Unidentified Analyst

Analyst

That was responsive, yes. Thank you for the color. And that seems to be all I have for now. I did have one overall, one last question to ask you, it's been touched on many times the growth that you're seeing in the international market space, more of a bird's eye view, I know we're getting a little late in the call, but can you talk about just where you are within some of the markets in regard to the market potential that you see, as far as whether you're in the early innings, late innings and some different tailwinds that are benefiting you?

Bob Whitman

Analyst

You bet. First of all, just one thought is that the markets are becoming increasingly global. 20 years ago when we had begun our international partner network there were a lot of international companies of course, but they didn't approach this concepts of building their whole workforces on a global basis, it was delegated to each country to figure out kind of how they're going to do leadership development or how they were going to do cultural improvement. Today, that's not really an option, if you are a global company, your culture is your competitive advantage and so this is creating a -- this is creating a beachhead in many, many countries because wherever the client might be, whether they are in Germany when they buy the Pass, they have 10 other countries in which they operate, versus in the U.S. they have 20 others whatever, is creating a beachhead that is helping us seed every country in which we have licensees and also in our direct offices. Now with direct offices in five of the seven largest economies, many of those, many of the global clients who are operating in all of those economies are providing a good foundation. In terms of penetration, just generally, though, when you look at across Japan, China, the UK, Australia, Germany, et cetera, we have around $40 million of revenue and you look at that and say the combined -- if our U.S. revenues are more like $130 million in the Enterprise side.
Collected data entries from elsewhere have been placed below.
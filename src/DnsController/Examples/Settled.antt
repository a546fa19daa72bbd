-- ===== src/DnsController/Examples/Settled.antt =====
-- A forced sync at a provider that already has the records of the load balancer.
use dnslb.Base.{
  true, false, some, List, [], ◌∷◌, Str, bytes, str_eq, str_eq_iff, ◌≡◌, refl, Bool-cases, inl, inr,
}
use mathlib.Core.Path.{subst}
use dnslb.Go.Strings.{has_prefix, contains, trim_suffix, join}
use dnslb.Go.Decimal.{itoa}
use dnslb.Go.Ip.{ip_string}
use dnslb.Dns.{Zone}
use dnslb.DnsController.{DnsController}
use dnslb.DnsController.Current.{update_current_zones}
use dnslb.DnsController.Match.{first_zone}
use dnslb.DnsController.Wanted.{wanted_zone}
use dnslb.DnsController.Mapping.{zone_lbs}
use dnslb.DnsController.Sync.{sync}
use dnslb.DnsController.Settled.{sync_settled}
use dnslb.DnsController.Examples.Provider.{Types, lib, lib-laws, hold, listed, env, env-IsReliable}
use dnslb.DnsController.Examples.Zones.{balancer}
use dnslb.DnsController.Examples.Rounds.{lbs, controller}

abbrev new_zone : Zone Types
new_zone = record {
  name = bytes "b.example";
  records =
      record { class = tt; name = []; ttl = 60; type = 15; value = bytes "mail"; preference = 10 }
      ∷ record {
        class = tt;
        name = bytes "a";
        ttl = 60;
        type = 1;
        value = bytes "10.0.0.1";
        preference = 0;
      }
      ∷ [];
  rest = tt;
}

abbrev held : List (Zone Types)
held = new_zone ∷ []

abbrev in_zone : Str → Zone Types → Zone Types
in_zone k = wanted_zone lib (zone_lbs (listed held) (balancer ∷ []) k)

new_zone_wanted : in_zone (bytes "b.example") new_zone ≡ new_zone
unfolding wanted_zone first_zone contains has_prefix trim_suffix ip_string itoa join
new_zone_wanted = refl

all_wanted : (k : Str) (z : Zone Types) → hold held k ≡ some z → in_zone k z ≡ z
all_wanted k z h = elim (Bool-cases (str_eq (bytes "b.example") k)) [
  | inl same ↦
      let zone : new_zone ≡ z = cc (rw same at h) in
      subst (λ (j : Str). in_zone j z ≡ z) ((str_eq_iff (bytes "b.example") k).0 same)
        (subst (λ (y : Zone Types). in_zone (bytes "b.example") y ≡ y) zone new_zone_wanted)
  | inr other ↦ cc (rw other at h)
]

sync_settled_example :
    (c' : DnsController Types) × (s' : List (Zone Types)) × (sync env true
        (controller (some lbs))
        held
      ≡ some (c', s'))
    × ((update_current_zones env (controller (some lbs)) held).2 ≡ s')
    × (hold s' ≡ hold held)
    × (c'.current_zones_enforce_sync ≡ false)
sync_settled_example =
    sync_settled env lib-laws hold listed env-IsReliable lbs held (controller (some lbs)) refl
      all_wanted
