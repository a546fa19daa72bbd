-- ===== src/DnsController/Lifecycle.antt =====
-- Run and Stop of dnsController.go, over the goroutines that call them and the two that Run starts, as
-- steps in any order. A statement that can block, or that another goroutine can overtake, is a step
-- of its own.
pub mod Invariant
pub mod Moves
pub mod Orderly
pub mod Returns
pub mod Races
mod Examples
use dnslb.Base.{
  ℕ, zero, suc, ◌+◌, Bool, true, false, Option, none, some, List, [], ◌∷◌, any, ◌==◌, if◌then◌else◌,
  ◌≡◌,
}

-- A goroutine that calls Run and Stop, one call after another: outside of a call, or in Stop behind its
-- guard, at the send on the channel of the given number, or at `c.running = false`.
pub data Call : Type 0 where
  idle : Call
  at_stop : ℕ → Call
  at_lb_stop : ℕ → Call
  at_reset : Call

-- The goroutine of a loop: none, at its select, in the body of another case, or behind the receive
-- from its stop channel, before the close.
pub data At : Type 0 where
  nowhere at_select at_work at_close : At

-- A loop with its stop channels, which are numbered: those that are closed. `leftovers` goroutines of
-- calls of Run before the last one are still before their close.
pub record Loop : Type 0 where
  pub at : At
  pub leftovers : ℕ
  pub closed : List ℕ

-- `number` is that of the last channels that Run has made; `rounds` is Run's loop, stopped by stopCh,
-- and `lists` is lbUpdateLoop, stopped by lbUpdateLoopStopCh.
pub record Lifecycle : Type 0 where
  pub running : Bool
  pub number : ℕ
  pub rounds : Loop
  pub lists : Loop
  pub first : Call
  pub second : Call

abbrev pub initial : Lifecycle
initial = record {
  running = false;
  number = 0;
  rounds = record { at = nowhere; leftovers = 0; closed = [] };
  lists = record { at = nowhere; leftovers = 0; closed = [] };
  first = idle;
  second = idle;
}

-- The two goroutines that call: those of the election and of the signal.
pub data Who : Type 0 where
  one two : Who

abbrev pub call_of : Who → Lifecycle → Call
call_of one y = y.first
call_of two y = y.second

abbrev pub set_call : Who → Call → Lifecycle → Lifecycle
set_call one k y = record y { first = k }
set_call two k y = record y { second = k }

abbrev pub is_closed : ℕ → Loop → Bool
is_closed n l = any (λ m. m == n) l.closed

-- `go …`: the goroutine of the call of Run before, if it is still there, is a leftover.
abbrev pub respawn : Loop → Loop
respawn l = record {
  at = at_select;
  leftovers = elim l.at [ nowhere ↦ l.leftovers | _ ↦ suc l.leftovers ];
  closed = l.closed;
}

-- Run, which does not block.
unfoldable pub run : Lifecycle → Lifecycle
run y = if y.running then y else record y {
  running = true;
  number = suc y.number;
  rounds = respawn y.rounds;
  lists = respawn y.lists;
}

-- Stop up to its first send.
unfoldable pub stop : Who → Lifecycle → Lifecycle
stop w y = if y.running then set_call w (at_stop y.number) y else y

-- The close of the channel that the field holds now; `none` is the panic of a second close.
unfoldable pub close_by : ℕ → Loop → Option Loop
close_by n l = if is_closed n l then none else some (record l { closed = n ∷ l.closed })

abbrev map_option : {A B : Type 0} → (A → B) → Option A → Option B
map_option f none = none
map_option f (some a) = some (f a)

abbrev pub gone : Loop → Loop
gone l = record l { at = nowhere }

abbrev pub fewer : ℕ → Loop → Loop
fewer m l = record l { leftovers = m }

abbrev pub moved : At → Loop → Loop
moved a l = record l { at = a }

-- The end of a loop's goroutine: that of the last Run, or a leftover.
unfoldable pub finish : ℕ → Loop → Option Loop
unfolding close_by
finish n l = map_option gone (close_by n l)

unfoldable pub finish_leftover : ℕ → ℕ → Loop → Option Loop
unfolding close_by
finish_leftover m n l = map_option (fewer m) (close_by n l)

abbrev pub with_rounds : Lifecycle → Option Loop → Option Lifecycle
with_rounds y o = map_option (λ l. record y { rounds = l }) o

abbrev pub with_lists : Lifecycle → Option Loop → Option Lifecycle
with_lists y o = map_option (λ l. record y { lists = l }) o

-- One step; `none` is a panic, which ends the process. A send and its receive are one step, since the
-- channels have no buffer.
pub data Step : Lifecycle → Option Lifecycle → Type 0 where
  call_run : (w : Who) (y : Lifecycle) → call_of w y ≡ idle → Step y (some (run y))
  call_stop : (w : Who) (y : Lifecycle) → call_of w y ≡ idle → Step y (some (stop w y))
  send_stop :
      (w : Who) (y : Lifecycle)
      → call_of w y ≡ at_stop y.number
      → y.rounds.at ≡ at_select
      → is_closed y.number y.rounds ≡ false
      → Step y
          (some (set_call w (at_lb_stop y.number) (record y { rounds = moved at_close y.rounds })))
  send_lb_stop :
      (w : Who) (y : Lifecycle)
      → call_of w y ≡ at_lb_stop y.number
      → y.lists.at ≡ at_select
      → is_closed y.number y.lists ≡ false
      → Step y (some (set_call w at_reset (record y { lists = moved at_close y.lists })))
  reset :
      (w : Who) (y : Lifecycle)
      → call_of w y ≡ at_reset
      → Step y (some (set_call w idle (record y { running = false })))
  -- A send on a closed channel panics.
  send_stop_closed :
      (w : Who) (y : Lifecycle) (n : ℕ)
      → call_of w y ≡ at_stop n
      → is_closed n y.rounds ≡ true
      → Step y none
  send_lb_stop_closed :
      (w : Who) (y : Lifecycle) (n : ℕ)
      → call_of w y ≡ at_lb_stop n
      → is_closed n y.lists ≡ true
      → Step y none
  -- A receive from a closed channel does not wait.
  receive_closed :
      (y : Lifecycle)
      → y.rounds.at ≡ at_select
      → is_closed y.number y.rounds ≡ true
      → Step y (some (record y { rounds = moved at_close y.rounds }))
  receive_lb_closed :
      (y : Lifecycle)
      → y.lists.at ≡ at_select
      → is_closed y.number y.lists ≡ true
      → Step y (some (record y { lists = moved at_close y.lists }))
  close_stop :
      (y : Lifecycle) → y.rounds.at ≡ at_close → Step y (with_rounds y (finish y.number y.rounds))
  close_lb_stop :
      (y : Lifecycle) → y.lists.at ≡ at_close → Step y (with_lists y (finish y.number y.lists))
  close_leftover :
      (y : Lifecycle) (m : ℕ)
      → y.rounds.leftovers ≡ suc m
      → Step y (with_rounds y (finish_leftover m y.number y.rounds))
  close_lb_leftover :
      (y : Lifecycle) (m : ℕ)
      → y.lists.leftovers ≡ suc m
      → Step y (with_lists y (finish_leftover m y.number y.lists))
  -- A round of Run's loop begins and ends, and lbUpdateLoop takes a list.
  work :
      (y : Lifecycle)
      → y.rounds.at ≡ at_select
      → Step y (some (record y { rounds = moved at_work y.rounds }))
  rest :
      (y : Lifecycle)
      → y.rounds.at ≡ at_work
      → Step y (some (record y { rounds = moved at_select y.rounds }))
  lb_work :
      (y : Lifecycle)
      → y.lists.at ≡ at_select
      → Step y (some (record y { lists = moved at_work y.lists }))
  lb_rest :
      (y : Lifecycle)
      → y.lists.at ≡ at_work
      → Step y (some (record y { lists = moved at_select y.lists }))

-- Any number of steps of a kind; a panic is the last one.
pub data Steps (P : (y : Lifecycle) (o : Option Lifecycle) → Step y o → Type 0)
    : Option Lifecycle → Option Lifecycle → Type 0 where
  done : (o : Option Lifecycle) → Steps P o o
  next :
      (y : Lifecycle) (o z : Option Lifecycle) (s : Step y o)
      → P y o s
      → Steps P o z
      → Steps P (some y) z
You recognize that to be $40 million in all the other biggest economies there were much -- with all the headroom we have in the U.S. We are much less penetrated outside the U.S. And so I think for us, we see this as an imperative and a huge opportunity. It's needed by our clients. They're seeding us giving us business to get to grow they help us grow in those areas. We've got great client partner hiring things going, but we think as Paul said, that this is a tremendous opportunity that is --they're both so big, that we're not going to get there any time soon. But certainly we're further away from the potential internationally than we are in the U.S. and we're just getting started we think in the U.S. So we've got a lot to do.

Unidentified Analyst

Analyst

That's very helpful. I appreciate the color. Thank you guys.

Bob Whitman

Analyst

Thanks Chris. So no more questions, operator?

Operator

Operator

And we have no further questions at this time. I will now turn the call back over to Bob for final remarks.

Bob Whitman

Analyst

Great. We just appreciate each of you. Thank you so much for your great questions, thanks for your support over all these years for helping us think through things as you do and we view you as great partners. We appreciate you and we look forward to a strong second quarter and year. Thanks so much.

Operator

Operator

Thank you, ladies and gentlemen. This concludes today's conference. Thank you for participating. You may now disconnect.